Example 06: Running calphy from jupyter notebooks#

In this example, calphy will be used as a library to run Example 01 directly from a jupyter notebook. Please check example 01 before completing this example. We start by import a function to read the input file.

[1]:

from calphy.input import read_inputfile

[2]:

options = read_inputfile("input.1.yaml")

We can check the number of calculations present

[3]:

len(options)

[3]:

1

The individual methods that are required to run the calculation can be imported from the queuekernel module.

[4]:

import calphy.queuekernel as cq

First, we set up a class which prepares everything for the calculation. It takes one object from options as the argument.

[5]:

job = cq.setup_calculation(options[0])

[6]:

job

[6]:

Calculation(composition_scaling=CompositionScaling(output_chemical_composition=None, restrictions=[]), md=MD(timestep=0.001, n_small_steps=10000, n_every_steps=10, n_repeat_steps=10, n_cycles=100, thermostat_damping=[0.1, 0.1], barostat_damping=[0.1, 0.1], cmdargs=None, init_commands=None), nose_hoover=NoseHoover(thermostat_damping=0.1, barostat_damping=0.1), berendsen=Berendsen(thermostat_damping=100.0, barostat_damping=100.0), queue=Queue(scheduler='local', cores=4, jobname='calphy', walltime=None, queuename=None, memory='3GB', commands=['conda activate calphy'], options=None, modules=None), tolerance=Tolerance(lattice_constant=0.0002, spring_constant=0.1, solid_fraction=0.7, liquid_fraction=0.05, pressure=0.5), melting_temperature=MeltingTemperature(guess=None, step=200, attempts=5), element=['Fe'], n_elements=1, mass=[55.845], mode='fe', lattice='/mnt/c/Users/menon/Documents/winrepos/projects-calphy/calphy/examples/example_06/input.conf.data', file_format='lammps-data', pressure=0.0, temperature=100.0, melting_cycle=True, pair_style=['eam'], pair_coeff=['* * /mnt/c/Users/menon/Documents/winrepos/projects-calphy/calphy/examples/potentials/Fe.eam'], potential_file=None, fix_potential_path=True, reference_phase='solid', lattice_constant=2.8842, repeat=[5, 5, 5], script_mode=False, lammps_executable=None, mpi_executable=None, npt=True, n_equilibration_steps=10000, n_switching_steps=25000, n_print_steps=0, n_iterations=1, equilibration_control='nose-hoover', folder_prefix=None, spring_constants=None)

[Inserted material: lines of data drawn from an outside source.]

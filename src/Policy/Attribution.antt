-- ===== src/Policy/Attribution.antt =====
-- The attribution of a write, in src/hotmem/policy.py: `validate_write_source` and
-- `validate_write_session_and_harness`.
pub mod Entitlement
use hot_mem.Prelude.{
  String, Bool, true, false, ◌&&◌, not, Option, none, some, [], ◌∷◌, if◌then◌else◌, contains, ◌=ₛ◌,
  Result, ok, err, ◌>>=◌, ◌>>◌, raise_if,
}
use hot_mem.Prelude.Strings.{is_blank}
use hot_mem.Json.{Value, null}
use hot_mem.Policy.Errors.{PolicyError, policy_error}
use hot_mem.Policy.Validation.{validate_context_field, validate_envelope_version}
use hot_mem.Policy.Grants.{CallerCredential}
use hot_mem.Policy.Context.{CallerContext, binding}
use hot_mem.Policy.Config.{
  PolicyConfig, impersonation, check_claim, claimed_of_others, validate_given,
}

abbrev pub context_conflict : PolicyError
context_conflict = policy_error 400 "context_conflict"

-- `bound and value != bound`
abbrev pub strays : String → String → Bool
strays bound value = not (is_blank bound) && not (value =ₛ bound)

unfoldable pub check_source : PolicyConfig → CallerContext → String → Result PolicyError (Unit {0})
check_source cfg c clean = do
  raise_if (strays c.source clean) (if c.policy_enforced then impersonation else context_conflict)
  elim (binding c) [
    | none ↦ ok tt
    | some cred ↦
        check_claim cred.allowed_sources
          (claimed_of_others (λ o. o.allowed_sources) c.caller_id cfg.credentials) clean
  ]

unfoldable pub validate_write_source :
    PolicyConfig → CallerContext → Value → Result PolicyError (Unit {0})
validate_write_source cfg c source = do
  clean ← validate_given source
  if is_blank clean then ok tt else check_source cfg c clean

-- The keyword arguments of `validate_write_session_and_harness`.
pub record Override : Type 0 where
  pub session_id : Value
  pub harness_id : Value
  pub envelope_version : Value
  pub caller_id_claim : Value

pub record Attribution : Type 0 where
  pub session : String
  pub harness : String
  pub version : String

unfoldable pub check_caller_claim : CallerContext → Value → Result PolicyError (Unit {0})
check_caller_claim c null = ok tt
check_caller_claim c claim = do
  claimed ← validate_context_field claim false
  raise_if
      (not (
        contains (if c.policy_enforced then c.caller_id ∷ [] else c.caller_id ∷ "anonymous" ∷ [])
          claimed))
      impersonation

-- A field of the payload must repeat the request's own, if there is one.
unfoldable pub effective_field : String → Value → Result PolicyError String
effective_field bound null = ok bound
effective_field bound value = do
  body ← validate_context_field value false
  raise_if (strays bound body) context_conflict
  ok body

unfoldable pub effective_version : String → Value → Result PolicyError String
effective_version bound null = ok bound
effective_version bound value = do
  body ← validate_envelope_version value
  raise_if (strays bound body) context_conflict
  ok body

unfoldable pub check_claims :
    PolicyConfig → CallerContext → String → String → Result PolicyError (Unit {0})
check_claims cfg c session harness = elim (binding c) [
  | none ↦ ok tt
  | some cred ↦ do
    check_claim cred.allowed_sessions
        (claimed_of_others (λ o. o.allowed_sessions) c.caller_id cfg.credentials) session
    check_claim cred.allowed_harnesses
        (claimed_of_others (λ o. o.allowed_harnesses) c.caller_id cfg.credentials) harness
]

unfoldable pub validate_write_session_and_harness :
    PolicyConfig → CallerContext → Override → Result PolicyError Attribution
validate_write_session_and_harness cfg c o = do
  check_caller_claim c o.caller_id_claim
  version ← effective_version c.envelope_version o.envelope_version
  session ← effective_field c.session_id o.session_id
  harness ← effective_field c.harness_id o.harness_id
  check_claims cfg c session harness
  ok (record { session = session; harness = harness; version = version })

These properties can also be accessed individually.

[9]:

job.calc.temperature, job.calc.pressure

[9]:

(100.0, 0.0)

Now finally the calculation can be run

[8]:

job = cq.run_calculation(job)

The results can be obtained through the report variable

[10]:

job.report

[10]:

{'input': {'temperature': 100,
  'pressure': 0.0,
  'lattice': 'BCC',
  'element': 'Fe',
  'concentration': '1.0'},
 'average': {'vol_atom': 11.994275525217516,
  'spring_constant': '3.03',
  'density': 0.08337660890608233},
 'results': {'free_energy': -4.263538447248216,
  'error': 0.0,
  'reference_system': 0.01385313501678647,
  'work': -4.277391582265002,
  'pv': 0.0,
  'unit': 'eV/atom'}}

or individually as class attributes

[11]:

job.fe, job.w, job.pv

[11]:

(-4.263538447248216, -4.277391582265002, 0)

If more than one calculation is present, they should be run individually.